Look through the records and report how many lines include the word "true", with no other words.

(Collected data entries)

::::::

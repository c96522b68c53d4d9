-- ===== src/Enroll/Handler/Adds.antt =====
-- What a call of Enroll writes to the registry, where that is the fleet (internal/cli/fleetctl/serve.go).
use mathlib.Core.Path.{subst}
use f1337_mcp.Prelude.{
  ◌≡◌, refl, sym, ap, ◌⊎◌, inl, inr, Bool, true, false, Option, none, some, List, Bool-cases, Text,
}
use f1337_mcp.Enroll.Service.{
  Request, Packages, max_name_attempts, FleetPorts, Reserved, assigned, san_set, certifiable,
  certified_name, enrolled_sandbox,
}
use f1337_mcp.Enroll.Recorder.{Registered, Circumstances, fleet_ports}
use f1337_mcp.Enroll.RateLimit.{RateLimiter, allow}
use f1337_mcp.Enroll.Store.{TokenStore, inspect, redeem}
use f1337_mcp.Enroll.Token.{Result, ok, err, TokenRecord}
use f1337_mcp.Enroll.Handler.Certified.{reject_token-refuses, after_reserve-enrolled}
use f1337_mcp.Enroll.Handler.{
  World, Moment, Leaf, internal, Answer, enrolled, refused, reserve, name_for, check_request,
  leaf_for, sign_csr, signed, after_reserve, reserving, finish_enroll, enroll_checked,
  enroll_inspected, enroll_allowed, enroll,
}
use f1337_mcp.Enroll.Handler.Effects.{Adds, Effect, kept, added, reserve_from-Effect}

module _ (p : Packages) (digest encode : Text → Text) (c : Circumstances) (create : Leaf → Bool)
    (req : Request) (m : Moment) where
  abbrev ports : FleetPorts Registered
  ports = fleet_ports c

  -- The call adds no entry and answers an error, or one for the token's record: then it answers the name of the entry,
  -- or that the signing failed.
  pub data Addition (w : World Registered) (a : Answer) (w' : World Registered) : Type 0 where
    no_entry :
        ((name : Text) (leaf : Leaf) → ¬ (a ≡ enrolled name leaf))
        → w'.fleet.file ≡ w.fleet.file
        → Addition w a w'
    one_entry :
        (rec : TokenRecord) (name : Text)
        → (inspect digest encode req.token m.inspect_clock m.inspect_disk w.tokens).0 ≡ ok rec
        → Adds c (λ n. enrolled_sandbox p rec req n) name w.fleet.file w'.fleet.file
        → ((leaf : Leaf) × (a ≡ enrolled name leaf)) ⊎ (a ≡ refused internal)
        → Addition w a w'

  reserving-Effect :
      (rec : TokenRecord) (extra : List Text) (tokens : TokenStore) (r : Registered)
      → Effect c
          (λ n. enrolled_sandbox p rec req n)
          r.file
          (reserving p digest encode ports create rec req extra m tokens r)
  unfolding reserving reserve enrolled_sandbox
  reserving-Effect rec extra tokens r =
      reserve_from-Effect c (λ n. enrolled_sandbox p rec req n)
        (λ name. certifiable p (san_set p (certified_name rec.name name) rec.addresses extra))
        (λ s. redeem digest encode req.token m.redeem_clock m.redeem_disk s)
        (name_for p digest encode ports create rec req) (λ n. refl) max_name_attempts 0 false tokens
        r

  signed-answers :
      (name : Text) (leaf : Leaf)
      → ((l : Leaf) × (signed p digest encode ports create name leaf ≡ enrolled name l))
        ⊎ (signed p digest encode ports create name leaf ≡ refused internal)
  unfolding signed
  signed-answers name leaf = elim (Bool-cases (sign_csr p digest encode ports create leaf)) [
    | inl signs ↦ rw signs (inl (leaf, refl))
    | inr fails ↦ rw fails (inr refl)
  ]

  after_assigned :
      (rec : TokenRecord) (extra : List Text) (name : Text)
      → ((leaf : Leaf) × (after_reserve p digest encode ports create rec req extra (assigned name)
            ≡ enrolled name leaf))
        ⊎ (after_reserve p digest encode ports create rec req extra (assigned name)
            ≡ refused internal)
  unfolding after_reserve
  after_assigned rec extra name =
      signed-answers name (leaf_for p digest encode ports create rec req extra name)

  finish_enroll-Addition :
      (w : World Registered) (limiter : RateLimiter) (rec : TokenRecord) (extra : List Text)
      (o : Reserved × (TokenStore × Registered))
      → (inspect digest encode req.token m.inspect_clock m.inspect_disk w.tokens).0 ≡ ok rec
      → Effect c (λ n. enrolled_sandbox p rec req n) w.fleet.file o
      → Addition w
          (finish_enroll p digest encode ports create rec req extra limiter o).0
          (finish_enroll p digest encode ports create rec req extra limiter o).1
  unfolding finish_enroll
  finish_enroll-Addition w limiter rec extra (r, (tokens, fleet)) q (kept none_assigned same) =
      no_entry
        (λ name leaf h.
          none_assigned name
            (after_reserve-enrolled p digest encode ports create req m rec extra r h).0)
        same
  finish_enroll-Addition w limiter rec extra (r, (tokens, fleet)) q (added name is_assigned adds) =
      one_entry rec name q adds (
        subst
          (λ r.
            ((leaf : Leaf) × (after_reserve p digest encode ports create rec req extra r
                ≡ enrolled name leaf))
            ⊎ (after_reserve p digest encode ports create rec req extra r ≡ refused internal))
          (sym is_assigned) (after_assigned rec extra name))

  enroll_checked-Addition :
      (w : World Registered) (limiter : RateLimiter) (rec : TokenRecord) (tokens : TokenStore)
      (o : Option (List Text))
      → (inspect digest encode req.token m.inspect_clock m.inspect_disk w.tokens).0 ≡ ok rec
      → Addition w
          (enroll_checked p digest encode ports create rec req m limiter tokens w.fleet o).0
          (enroll_checked p digest encode ports create rec req m limiter tokens w.fleet o).1
  unfolding enroll_checked
  enroll_checked-Addition w limiter rec tokens none q = no_entry (λ name leaf h. cc) refl
  enroll_checked-Addition w limiter rec tokens (some extra) q =
      finish_enroll-Addition w limiter rec extra
        (reserving p digest encode ports create rec req extra m tokens w.fleet) q
        (reserving-Effect rec extra tokens w.fleet)

  enroll_inspected-Addition :
      (w : World Registered) (limiter : RateLimiter) (r : Result TokenRecord × TokenStore)
      → inspect digest encode req.token m.inspect_clock m.inspect_disk w.tokens ≡ r
      → Addition w
          (enroll_inspected p digest encode ports create req m limiter w.fleet r).0
          (enroll_inspected p digest encode ports create req m limiter w.fleet r).1
  unfolding enroll_inspected
  enroll_inspected-Addition w limiter (err e, s) q =
      no_entry (reject_token-refuses p digest encode ports create req m e) refl
  enroll_inspected-Addition w limiter (ok rec, s) q =
      enroll_checked-Addition w limiter rec s (check_request p digest encode ports create rec req)
        (ap (λ (t : Result TokenRecord × TokenStore). t.0) q)

  enroll_allowed-Addition :
      (w : World Registered) (l : Bool × RateLimiter)
      → Addition w
          (enroll_allowed p digest encode ports create req m w l).0
          (enroll_allowed p digest encode ports create req m w l).1
  unfolding enroll_allowed
  enroll_allowed-Addition w (false, limiter) = no_entry (λ name leaf h. cc) refl
  enroll_allowed-Addition w (true, limiter) =
      enroll_inspected-Addition w limiter
        (inspect digest encode req.token m.inspect_clock m.inspect_disk w.tokens) refl

  -- With the registry as its fleet, a call of Enroll leaves the registry file as it was and
  -- answers an error, or it adds the host that the token record and the request describe as the
  -- one new entry, at the end, under a name that no entry had, and then answers that name or
  -- that the signing failed.
  pub enroll-Addition :
      (w : World Registered)
      → Addition w
          (enroll p digest encode ports create req m w).0
          (enroll p digest encode ports create req m w).1
  unfolding enroll
  enroll-Addition w = enroll_allowed-Addition w (allow m.peer m.now w.limiter)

::::::

• **Solution to the problem**
2